• WHAT YOU WILL DO: The entries below contain a line with "-- the samples" and a line with "All-filter median a b (p". Quote exactly those two lines and all lines between them.

*** Opening INFORMATION SHOWN ***

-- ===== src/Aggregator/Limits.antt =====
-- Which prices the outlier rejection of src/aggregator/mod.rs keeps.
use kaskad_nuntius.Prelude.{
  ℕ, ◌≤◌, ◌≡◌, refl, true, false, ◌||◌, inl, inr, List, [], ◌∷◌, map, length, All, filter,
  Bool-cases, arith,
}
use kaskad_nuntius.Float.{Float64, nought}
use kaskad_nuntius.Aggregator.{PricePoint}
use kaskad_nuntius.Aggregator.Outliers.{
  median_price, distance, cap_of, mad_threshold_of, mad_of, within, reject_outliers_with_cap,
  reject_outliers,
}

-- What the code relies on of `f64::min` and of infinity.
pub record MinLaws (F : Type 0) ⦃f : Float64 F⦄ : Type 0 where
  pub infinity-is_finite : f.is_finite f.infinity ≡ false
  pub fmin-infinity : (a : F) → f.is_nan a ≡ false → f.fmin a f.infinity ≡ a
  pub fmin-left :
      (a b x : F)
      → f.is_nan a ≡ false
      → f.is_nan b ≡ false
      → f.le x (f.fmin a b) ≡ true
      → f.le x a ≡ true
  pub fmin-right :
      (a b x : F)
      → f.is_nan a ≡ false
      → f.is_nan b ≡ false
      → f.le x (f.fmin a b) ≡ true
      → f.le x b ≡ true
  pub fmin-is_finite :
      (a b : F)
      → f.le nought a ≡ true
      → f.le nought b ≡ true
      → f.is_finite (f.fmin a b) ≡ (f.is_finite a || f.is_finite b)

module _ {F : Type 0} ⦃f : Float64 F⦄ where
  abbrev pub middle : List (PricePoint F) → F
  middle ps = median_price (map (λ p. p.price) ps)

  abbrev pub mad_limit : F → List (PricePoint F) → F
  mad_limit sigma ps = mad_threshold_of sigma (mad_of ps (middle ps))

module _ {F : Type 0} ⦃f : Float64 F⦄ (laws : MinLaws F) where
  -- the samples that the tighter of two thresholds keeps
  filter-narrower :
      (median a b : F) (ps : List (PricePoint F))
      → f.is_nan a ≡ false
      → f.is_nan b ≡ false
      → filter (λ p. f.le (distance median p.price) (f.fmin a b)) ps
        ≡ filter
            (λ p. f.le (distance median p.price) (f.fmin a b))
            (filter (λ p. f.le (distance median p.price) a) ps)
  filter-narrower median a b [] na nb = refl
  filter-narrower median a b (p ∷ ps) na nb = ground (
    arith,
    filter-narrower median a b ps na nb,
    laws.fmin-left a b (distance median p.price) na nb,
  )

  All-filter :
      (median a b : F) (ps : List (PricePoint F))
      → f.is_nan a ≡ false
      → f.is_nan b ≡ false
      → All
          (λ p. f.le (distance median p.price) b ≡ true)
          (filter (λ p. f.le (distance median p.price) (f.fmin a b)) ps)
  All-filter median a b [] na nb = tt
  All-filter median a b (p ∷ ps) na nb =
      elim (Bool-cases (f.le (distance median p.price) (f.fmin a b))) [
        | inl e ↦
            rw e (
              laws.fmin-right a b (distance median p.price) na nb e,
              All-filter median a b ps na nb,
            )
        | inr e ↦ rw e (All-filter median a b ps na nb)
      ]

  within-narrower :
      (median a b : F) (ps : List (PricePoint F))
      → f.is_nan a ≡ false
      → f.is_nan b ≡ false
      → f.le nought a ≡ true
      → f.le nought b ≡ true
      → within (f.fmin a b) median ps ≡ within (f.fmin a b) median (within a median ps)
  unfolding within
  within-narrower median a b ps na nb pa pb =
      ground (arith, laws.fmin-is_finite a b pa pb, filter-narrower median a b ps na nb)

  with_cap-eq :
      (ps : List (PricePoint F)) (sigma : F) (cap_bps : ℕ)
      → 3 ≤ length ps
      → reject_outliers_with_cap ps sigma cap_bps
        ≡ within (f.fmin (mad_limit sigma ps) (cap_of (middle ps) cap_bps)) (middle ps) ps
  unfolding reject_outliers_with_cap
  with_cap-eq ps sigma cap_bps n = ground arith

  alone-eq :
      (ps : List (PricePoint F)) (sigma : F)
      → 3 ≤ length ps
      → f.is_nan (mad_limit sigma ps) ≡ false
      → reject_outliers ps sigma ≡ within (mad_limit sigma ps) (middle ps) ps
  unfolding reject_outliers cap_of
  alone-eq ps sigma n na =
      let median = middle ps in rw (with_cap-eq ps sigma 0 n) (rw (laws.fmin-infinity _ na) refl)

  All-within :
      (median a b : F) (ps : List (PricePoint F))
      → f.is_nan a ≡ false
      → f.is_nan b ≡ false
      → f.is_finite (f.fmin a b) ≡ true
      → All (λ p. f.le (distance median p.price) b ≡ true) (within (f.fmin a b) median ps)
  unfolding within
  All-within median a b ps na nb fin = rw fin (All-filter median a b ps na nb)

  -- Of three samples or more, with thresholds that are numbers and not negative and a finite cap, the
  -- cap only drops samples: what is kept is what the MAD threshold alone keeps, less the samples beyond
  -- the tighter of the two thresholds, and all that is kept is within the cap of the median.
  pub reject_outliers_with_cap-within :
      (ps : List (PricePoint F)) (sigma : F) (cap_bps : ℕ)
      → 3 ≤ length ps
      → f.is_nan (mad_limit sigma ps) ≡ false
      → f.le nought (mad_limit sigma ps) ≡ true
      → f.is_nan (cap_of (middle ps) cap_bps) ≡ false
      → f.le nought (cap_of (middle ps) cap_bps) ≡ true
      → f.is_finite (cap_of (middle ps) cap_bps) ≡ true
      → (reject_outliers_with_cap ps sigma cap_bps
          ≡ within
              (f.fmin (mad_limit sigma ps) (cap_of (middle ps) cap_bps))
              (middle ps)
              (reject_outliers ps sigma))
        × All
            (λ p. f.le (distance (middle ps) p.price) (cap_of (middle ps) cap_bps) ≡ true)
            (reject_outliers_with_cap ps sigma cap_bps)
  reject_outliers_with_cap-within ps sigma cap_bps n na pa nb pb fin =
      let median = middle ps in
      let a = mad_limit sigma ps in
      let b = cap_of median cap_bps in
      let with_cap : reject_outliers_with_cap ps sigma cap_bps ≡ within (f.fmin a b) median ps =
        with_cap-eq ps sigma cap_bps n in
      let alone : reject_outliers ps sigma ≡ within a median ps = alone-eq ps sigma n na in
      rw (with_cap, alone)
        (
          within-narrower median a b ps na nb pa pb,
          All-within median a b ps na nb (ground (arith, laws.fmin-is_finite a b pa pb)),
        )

*** Closing INFORMATION SHOWN ***

• RESULT FOR THIS EXERCISE:
  -- the samples that the tighter of two thresholds keeps
  filter-narrower :
      (median a b : F) (ps : List (PricePoint F))
      → f.is_nan a ≡ false
      → f.is_nan b ≡ false
      → filter (λ p. f.le (distance median p.price) (f.fmin a b)) ps
        ≡ filter
            (λ p. f.le (distance median p.price) (f.fmin a b))
            (filter (λ p. f.le (distance median p.price) a) ps)
  filter-narrower median a b [] na nb = refl
  filter-narrower median a b (p ∷ ps) na nb = ground (
    arith,
    filter-narrower median a b ps na nb,
    laws.fmin-left a b (distance median p.price) na nb,
  )

  All-filter :
      (median a b : F) (ps : List (PricePoint F))
      → f.is_nan a ≡ false
      → f.is_nan b ≡ false
      → All
          (λ p. f.le (distance median p.price) b ≡ true)
          (filter (λ p. f.le (distance median p.price) (f.fmin a b)) ps)
  All-filter median a b [] na nb = tt
  All-filter median a b (p ∷ ps) na nb =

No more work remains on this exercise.